#### Work instruction
From the entries that follow, copy every line with the word "antt".

▼

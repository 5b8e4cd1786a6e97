-- ===== src/Tests/Queue.antt =====
-- Runs of the message queue and of the task that reads it.
use mblue.Task.Served.{Event, post, round, run, posted-Takes}
use mblue.Common.{ℕ, ◌≡◌, ◌≢◌, refl, ◌⊎◌, true, some, none, List, [], ◌∷◌, arith}
use mblue.Common.Int.{negsuc}
use mblue.Errcode.{ok}
use mblue.MessageQueue.{MblueQueue}
use mblue.MessageQueue.Fifo.{
  Call, add, remove, peek, get_size, fifo_run, fifo_step, first, rest, status, pointer, number,
}
use mblue.MessageQueue.Refines.{IsQueue, contents, queue_run, queue_run_refines}
use mblue.Task.{Task, template_msg_post, template_proc_round}
use mblue.Task.Loop.{IsTask, template_msg_post_lem, template_proc_round_lem}

-- Two pointers in three slots, the second past the end of the array.
abbrev wrapped : MblueQueue
wrapped = record { size = 2; next = 2; capacity = 3; slots = 20 ∷ 0 ∷ 10 ∷ [] }

wrapped-IsQueue : IsQueue wrapped
wrapped-IsQueue = record { stored = omega arith; bounded = omega arith; in_range = omega arith }

abbrev session : List Call
session = add 30 ∷ add 40 ∷ remove ∷ peek ∷ remove ∷ remove ∷ remove ∷ get_size ∷ []

session_replies :
    fifo_run 3 (10 ∷ 20 ∷ []) session
    ≡ status ok
      ∷ status (negsuc 0)
      ∷ pointer 10
      ∷ pointer 20
      ∷ pointer 20
      ∷ pointer 30
      ∷ pointer 0
      ∷ number 0
      ∷ []
unfolding fifo_run fifo_step first rest
session_replies = refl

queue_run_refines_example : queue_run wrapped session ≡ fifo_run 3 (10 ∷ 20 ∷ []) session
queue_run_refines_example = queue_run_refines session wrapped wrapped-IsQueue

abbrev reader : Task
reader = record { nproc = true; tpost = true; mq = wrapped; msg_sem = 2; call_sem = 0 }

reader-IsTask : IsTask reader
reader-IsTask = record {
  well_formed = wrapped-IsQueue;
  counted = refl;
  pointers = (λ e. omega arith, (λ e. omega arith, tt));
}

template_msg_post_lem_example :
    ((template_msg_post reader 29).0 ≡ ok)
    × (contents (template_msg_post reader 29).1.mq ≡ 10 ∷ 20 ∷ 30 ∷ [])
    × IsTask (template_msg_post reader 29).1
template_msg_post_lem_example = template_msg_post_lem reader 29 reader-IsTask

template_proc_round_lem_example :
    ((template_proc_round reader ≡ none) × (contents reader.mq ≡ []))
    ⊎ ((m : ℕ) × (t' : Task) × (template_proc_round reader ≡ some (m, t'))
        × (m ≢ 0)
        × (contents reader.mq ≡ m ∷ contents t'.mq)
        × IsTask t')
template_proc_round_lem_example = template_proc_round_lem reader reader-IsTask

-- The message is posted behind two others and taken in the third round.
abbrev schedule : List Event
schedule = round ∷ post 7 ∷ round ∷ post 8 ∷ round ∷ []

posted-Takes_example : (rest : List ℕ) × (run (post 29 ∷ schedule) reader ≡ 10 ∷ 20 ∷ 30 ∷ rest)
posted-Takes_example = posted-Takes schedule reader 29 reader-IsTask (omega arith) (omega arith)
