-- ===== src/Tests/Scenario.antt =====
-- A run of the simple scenario: it is launched and woken twice.
use mblue.Common.{◌≡◌, refl, true, false, some, [], arith}
use mblue.Errcode.{ok}
use mblue.SmartData.{make_pointer_s}
use mblue.Message.Pool.{link_from}
use mblue.Timer.{TimerList, zero_timer, mblue_timer_get, get_timer_list_instance, take_first}
use mblue.EventQueue.{EventQueue}
use mblue.Segment.{Segment, init_segment, find_handler}
use mblue.Scenario.{Code, handlers, scenario_launch, scenario_init, timer_wakeup_minor}
use mblue.Scenario.Wakeups.{wakeups, works, launched, scenario_launch-wakeups}
use mblue.SystemBus.{signal}

abbrev code : Code
code = record { delayed_work_at = 0x100; timer_wakeup_at = 0x200; default_timer_event_at = 0x300 }

abbrev no_timers : TimerList
no_timers = record { ready = false; timer_lists = []; timer_pool = λ i. zero_timer }

abbrev queue : EventQueue
queue = record {
  self = 500;
  event_bm = 7;
  queue = [];
  context = 0;
  timer_function = 0;
  timers = no_timers;
  freed = [];
  calls = [];
}

handled :
    (ms : Segment)
    → find_handler timer_wakeup_minor ((scenario_init code ms).items_array signal) ≡ some 0x200
unfolding find_handler scenario_init init_segment
handled ms = refl

scenario_launch-wakeups_example :
    (scenario_launch code (handlers (λ t. true) (λ t. 96)) queue 40 (some 64)
      ≡ some (ok, launched code queue 40 64 0 (mblue_timer_get no_timers).1 96))
    × (wakeups 2
          (handlers (λ t. true) (λ t. 96))
          (launched code queue 40 64 0 (mblue_timer_get no_timers).1 96)
          (make_pointer_s 64)
        ≡ some (works code 64 2 (launched code queue 40 64 0 (mblue_timer_get no_timers).1 96)))
unfolding mblue_timer_get get_timer_list_instance take_first link_from
scenario_launch-wakeups_example =
    scenario_launch-wakeups 2 code (λ t. true) (λ t. 96) 64 0 40 queue (mblue_timer_get no_timers).1
      refl refl (λ e. omega arith) (λ e. omega arith) (omega arith) refl (λ e. omega arith)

▲

#### Output
-- ===== src/Tests/Queue.antt =====
-- ===== src/Tests/Scenario.antt =====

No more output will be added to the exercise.